Lipiden zijn een heterogene groep van organische verbindingen. Daartoe behoren vetten, die worden onderverdeeld in verzadigde en onverzadigde vetten. Hun chemische structuur varieert en hun eigenschappen en functies hangen ook af van de zuren die ze bevatten.
Lipiden zijn een zeer heterogene groep van organische verbindingen, hoofdzakelijk bestaande uit koolstof, waterstof en zuurstof, en soms zwavel, stikstof en fosfor. Er zijn in principe drie soorten lipiden in voedsel: Vetten of oliën (ook triglyceriden of triacylglyceriden genoemd).
● Fosfolipiden.
● Cholesterolesters, die een gemeenschappelijk bestanddeel vertonen: vetzuren. Er zijn drie soorten: verzadigde vetzuren (SFA’s), enkelvoudig onverzadigde vetzuren (MUFA’s), meervoudig onverzadigde vetzuren (PUFA’s).
Waar worden ze gevonden?
We kunnen voedingsmiddelen indelen naar de relatieve overvloed van elk type vet:
– Voedingsmiddelen rijk aan verzadigde vetzuren: reuzel, spek, boter, room, eigeel, mager vlees, melk, kokosolie.

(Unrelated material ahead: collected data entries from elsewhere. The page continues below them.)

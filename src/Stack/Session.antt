-- ===== src/Stack/Session.antt =====
-- crates/clash-tun/src/stack.rs: a TCP packet on its way out to the listener, and the listener's
-- reply on its way back.
use rust_clash.Common.{
  ℕ, ◌+◌, ◌-◌, ◌^◌, ◌<◌, ◌≤◌, ◌≡◌, refl, ◌∙◌, ap, true, false, ◌&&◌, ◌==◌, Option, some, List,
  arith, length, at, All, IsByte, at-All, All-take, All-drop, ==_self,
}
use mathlib.Core.Path.{subst}
use rust_clash.Net.{SocketAddrV4, ip_beq, IsIp}
use rust_clash.Text.{Str}
use rust_clash.Packet.{Ipv4, parse_ipv4, parse_tcp}
use rust_clash.TcpNat.{Inner, lookup_inner, lookup_back_inner}
use rust_clash.TcpNat.Invariant.{IsConsistent, lookup_inner-IsConsistent}
use rust_clash.TcpNat.Session.{Granted, Outcome, lookup_inner-Outcome, lookup_back-lookup}
use rust_clash.Stack.Plain.{plain_packet, process_packet-plain}
use rust_clash.Stack.{
  Stack, process_packet, process_tcp, send_out, send_back, rewrite, tun_server, tun_client,
  is_global_unicast, is_tun_prefix, with_gate,
}
use rust_clash.Stack.Segment.{IsTcp, IsSent, IsAddr, tcp_header}
use rust_clash.Stack.Rewrite.{rewrite_lem}

-- The ends that a packet of bytes shows are octets and ports of 16 bits.
pub parse_ipv4-IsIp :
    (packet : List ℕ) (h : Ipv4)
    → All IsByte packet
    → parse_ipv4 packet ≡ some h
    → IsIp h.src × IsIp h.dst
unfolding parse_ipv4
parse_ipv4-IsIp packet h bytes e =
    let byte : (j : ℕ) → j < length packet → IsByte (at packet j) =
      λ j. at-All IsByte packet j bytes in
    let long : 20 ≤ length packet = ground arith in
    let b12 = byte 12 (omega arith) in
    let b13 = byte 13 (omega arith) in
    let b14 = byte 14 (omega arith) in
    let b15 = byte 15 (omega arith) in
    let b16 = byte 16 (omega arith) in
    let b17 = byte 17 (omega arith) in
    let b18 = byte 18 (omega arith) in let b19 = byte 19 (omega arith) in ground arith

parse_tcp-IsPort16 :
    (segment : List ℕ) (src dst flags offset : ℕ)
    → All IsByte segment
    → parse_tcp segment ≡ some (src, dst, flags, offset)
    → (src < 2 ^ 16) × (dst < 2 ^ 16)
unfolding parse_tcp
parse_tcp-IsPort16 segment src dst flags offset bytes e =
    let byte : (j : ℕ) → j < length segment → IsByte (at segment j) =
      λ j. at-All IsByte segment j bytes in
    let long : 20 ≤ length segment = ground arith in
    let b0 = byte 0 (omega arith) in
    let b1 = byte 1 (omega arith) in
    let b2 = byte 2 (omega arith) in let b3 = byte 3 (omega arith) in ground arith

ends_of :
    (packet : List ℕ) (n t : ℕ) (src dst : SocketAddrV4) (flags offset : ℕ)
    → All IsByte packet
    → IsTcp n t src dst flags offset packet
    → IsAddr src × IsAddr dst
ends_of packet n t src dst flags offset bytes carries =
    let (s, d) = parse_ipv4-IsIp packet _ bytes carries.parsed in
    let segment_bytes = All-take IsByte (t - n) _ (All-drop IsByte n packet bytes) in
    let (sp, dp) = parse_tcp-IsPort16 _ _ _ _ _ segment_bytes carries.ports in ((s, sp), (d, dp))

-- A packet from the programs of the machine to the outside: it is not the listener's, and its
-- destination is a unicast address outside of the tunnel's own network.
pub record IsOutbound (listen_port : ℕ) (src dst : SocketAddrV4) : Type 0 where
  pub program : (ip_beq src.ip tun_server && src.port == listen_port) ≡ false
  pub unicast : is_global_unicast dst.ip ≡ true
  pub outside : is_tun_prefix dst.ip ≡ false

abbrev pub listener : ℕ → SocketAddrV4
listener port = record { ip = tun_server; port = port }

abbrev pub local_end : ℕ → SocketAddrV4
local_end port = record { ip = tun_client; port = port }

process_packet_tcp :
    (idna : Str → Option Str) (now : ℕ) (packet : List ℕ) (n t : ℕ) (src dst : SocketAddrV4)
    (flags offset : ℕ) (s : Stack)
    → IsTcp n t src dst flags offset packet
    → process_packet idna now packet s
      ≡ process_tcp now packet (tcp_header n t src dst) src.port dst.port s
unfolding plain_packet
process_packet_tcp idna now packet n t src dst flags offset s carries =
    process_packet-plain idna now packet s
    ∙ rw (carries.parsed, plain_packet) (rw (carries.ports, plain_packet) refl)

process_tcp_out :
    (now : ℕ) (packet : List ℕ) (n t : ℕ) (src dst : SocketAddrV4) (s : Stack)
    → IsOutbound s.listen_port src dst
    → process_tcp now packet (tcp_header n t src dst) src.port dst.port s
      ≡ send_out now packet (tcp_header n t src dst) src.port dst.port s
unfolding process_tcp is_tun_prefix
process_tcp_out now packet n t src dst s o =
    let mine = o.program in let unicast = o.unicast in let outside = o.outside in ground arith

-- What `send_out` does when a port is granted.
send_out-some :
    (now : ℕ) (packet out : List ℕ) (h : Ipv4) (sp dp : ℕ) (s : Stack) (p : ℕ) (g : Inner)
    → lookup_inner now
        (record { ip = h.src; port = sp })
        (record { ip = h.dst; port = dp })
        s.nat.gate
      ≡ (some p, g)
    → rewrite packet h (local_end p) (listener s.listen_port) ≡ some out
    → send_out now packet h sp dp s ≡ some (some out, with_gate g s)
unfolding send_out
send_out-some now packet out h sp dp s p g e k =
    let source : SocketAddrV4 = record { ip = h.src; port = sp } in
    let dest : SocketAddrV4 = record { ip = h.dst; port = dp } in
    let found : (lookup_inner now source dest s.nat.gate).0 ≡ some p = ap (λ r. r.0) e in
    let left : (lookup_inner now source dest s.nat.gate).1 ≡ g = ap (λ r. r.1) e in
    rw (found, send_out) (rw (k, left) refl)

-- And `send_back` when the port has a session.
send_back-some :
    (now : ℕ) (packet out : List ℕ) (h : Ipv4) (p : ℕ) (s : Stack) (src dst : SocketAddrV4)
    → (lookup_back_inner now p s.nat.gate).0 ≡ some (src, dst)
    → rewrite packet h dst src ≡ some out
    → send_back now packet h p s
      ≡ some (some out, with_gate (lookup_back_inner now p s.nat.gate).1 s)
unfolding send_back
send_back-some now packet out h p s src dst e k = rw (e, send_back) (rw k refl)

process_tcp_back :
    (now : ℕ) (packet : List ℕ) (n t p : ℕ) (s : Stack)
    → process_tcp now packet
        (tcp_header n t (listener s.listen_port) (local_end p))
        s.listen_port
        p
        s
      ≡ send_back now packet (tcp_header n t (listener s.listen_port) (local_end p)) p s
unfolding process_tcp
process_tcp_back now packet n t p s = rw (==_self s.listen_port) refl

-- A packet that leaves a stack: it carries a segment between two ends, and its checksums come out.
abbrev pub Leaves : ℕ → ℕ → SocketAddrV4 → SocketAddrV4 → ℕ → ℕ → List ℕ → Type 0
Leaves n t src dst flags offset out = IsTcp n t src dst flags offset out × IsSent n t src dst out

granted_port :
    (now : ℕ) (a d : SocketAddrV4) (g g' : Inner) (p : ℕ)
    → IsConsistent g
    → lookup_inner now a d g ≡ (some p, g')
    → p < 2 ^ 16
granted_port now a d g g' p c e =
    let c' : IsConsistent g' =
      subst (λ r. IsConsistent r.1) e (lookup_inner-IsConsistent now a d g c) in
    let granted : Granted now a d g p g' =
      subst (Outcome now a d g) e (lookup_inner-Outcome now a d g c) in
    omega (arith, c'.range p _ granted.session)

-- A packet to the outside, for whose ends the table grants the port `p`, is sent to the listener
-- from the port `p`, and the table then holds the session.
pub outbound_lem :
    (idna : Str → Option Str) (now : ℕ) (packet : List ℕ) (n t : ℕ) (client server : SocketAddrV4)
    (flags offset : ℕ) (s : Stack) (p : ℕ) (g : Inner)
    → IsConsistent s.nat.gate
    → s.listen_port < 2 ^ 16
    → All IsByte packet
    → length packet < 2 ^ 16
    → IsTcp n t client server flags offset packet
    → IsOutbound s.listen_port client server
    → lookup_inner now client server s.nat.gate ≡ (some p, g)
    → (out : List ℕ) × (process_packet idna now packet s ≡ some (some out, with_gate g s))
      × Leaves n t (local_end p) (listener s.listen_port) flags offset out
      × All IsByte out
      × ((k : ℕ) → 18 ≤ k → n + k < t → at out (n + k) ≡ at packet (n + k))
outbound_lem idna now packet n t client server flags offset s p g c l bytes small carries o e =
    let ok4 : IsIp tun_server = (omega arith, (omega arith, (omega arith, (omega arith, tt)))) in
    let ok4' : IsIp tun_client = (omega arith, (omega arith, (omega arith, (omega arith, tt)))) in
    let (out, done, tcp, sent, good, rest) =
      rewrite_lem packet n t client server flags offset bytes small carries (local_end p)
        (listener s.listen_port) (ok4', granted_port now client server s.nat.gate g p c e)
        (ok4, l) in
    (
      out,
      process_packet_tcp idna now packet n t client server flags offset s carries
          ∙ process_tcp_out now packet n t client server s o
          ∙ send_out-some now packet out _ client.port server.port s p g e done,
      (tcp, sent),
      good,
      rest,
    )

-- There and back. A packet of bytes, of at most 65535 of them, that carries a TCP segment from a
-- program to the outside is sent to the listener when the table, which is consistent, grants a
-- port: from that port of TUN_CLIENT to the listener's port. And whatever reply, with the same
-- bounds, the listener makes to that port is sent to the program as the server's. Both packets
-- carry the flags and the offset that they came with, and the checksums of both come out.
pub process_packet_returns :
    (idna : Str → Option Str) (now later : ℕ) (packet reply : List ℕ) (n t m u : ℕ)
    (client server : SocketAddrV4) (flags offset flags' offset' : ℕ) (s : Stack) (p : ℕ) (g : Inner)
    → IsConsistent s.nat.gate
    → s.listen_port < 2 ^ 16
    → All IsByte packet
    → length packet < 2 ^ 16
    → IsTcp n t client server flags offset packet
    → IsOutbound s.listen_port client server
    → lookup_inner now client server s.nat.gate ≡ (some p, g)
    → All IsByte reply
    → length reply < 2 ^ 16
    → IsTcp m u (listener s.listen_port) (local_end p) flags' offset' reply
    → (out back : List ℕ) × (s' s'' : Stack) × (process_packet idna now packet s
        ≡ some (some out, s'))
      × Leaves n t (local_end p) (listener s.listen_port) flags offset out
      × (process_packet idna later reply s' ≡ some (some back, s''))
      × Leaves m u server client flags' offset' back
process_packet_returns idna now later packet reply n t m u client server flags offset flags' offset'
      s p g c l bytes small carries o e bytes' small' carries' =
    let (out, done, leaves, good, rest) =
      outbound_lem idna now packet n t client server flags offset s p g c l bytes small carries o
        e in
    let (client_ok, server_ok) = ends_of packet n t client server flags offset bytes carries in
    let (back, done', tcp, sent, good', rest') =
      rewrite_lem reply m u (listener s.listen_port) (local_end p) flags' offset' bytes' small'
        carries' server client server_ok client_ok in
    (
      out,
      back,
      with_gate g s,
      _,
      done,
      leaves,
      process_packet_tcp idna later reply m u (listener s.listen_port) (local_end p) flags' offset'
            (with_gate g s) carries'
          ∙ process_tcp_back later reply m u p (with_gate g s)
          ∙ send_back-some later reply back _ p (with_gate g s) client server
              (lookup_back-lookup now later client server s.nat.gate p g c e) done',
      (tcp, sent),
    )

– Voedingsmiddelen rijk aan enkelvoudig onverzadigde vetzuren: Oliezuur (Omega 9): Oliën (olijf, zaden), noten (pinda’s, amandelen), avocado.
– Voorwaardelijk essentiële meervoudig onverzadigde vetzuren:
– EPA en DHA (Omega 3): vis en visolie, algen, voedingsmiddelen zoals zuivelproducten verrijkt met Omega 3
– Arachidonzuur (Omega 6): dierlijk vet
– Essentiële meervoudig onverzadigde vetzuren:
– Alfa-linoleenzuur (Omega 3): in plantaardige oliën.
– Linolzuur (Omega 6): maïs-, zonnebloem-, soja-, druivenpitolie
– Voedingsmiddelen rijk aan fosfolipiden: vlees en eieren.
– Voedingsmiddelen rijk aan cholesterol: runderhersenen, eierdooier, varkensnier, varkenslever, rundvlees.
De functies van lipiden zijn zeer gevarieerd. We kunnen het volgende onderscheiden:
– Energetisch: triglyceriden leveren 9 kcal/g, meer dan het dubbele van de door koolhydraten geproduceerde energie. Bovendien kunnen zij zich ophopen en als reservemateriaal in vetcellen worden gebruikt.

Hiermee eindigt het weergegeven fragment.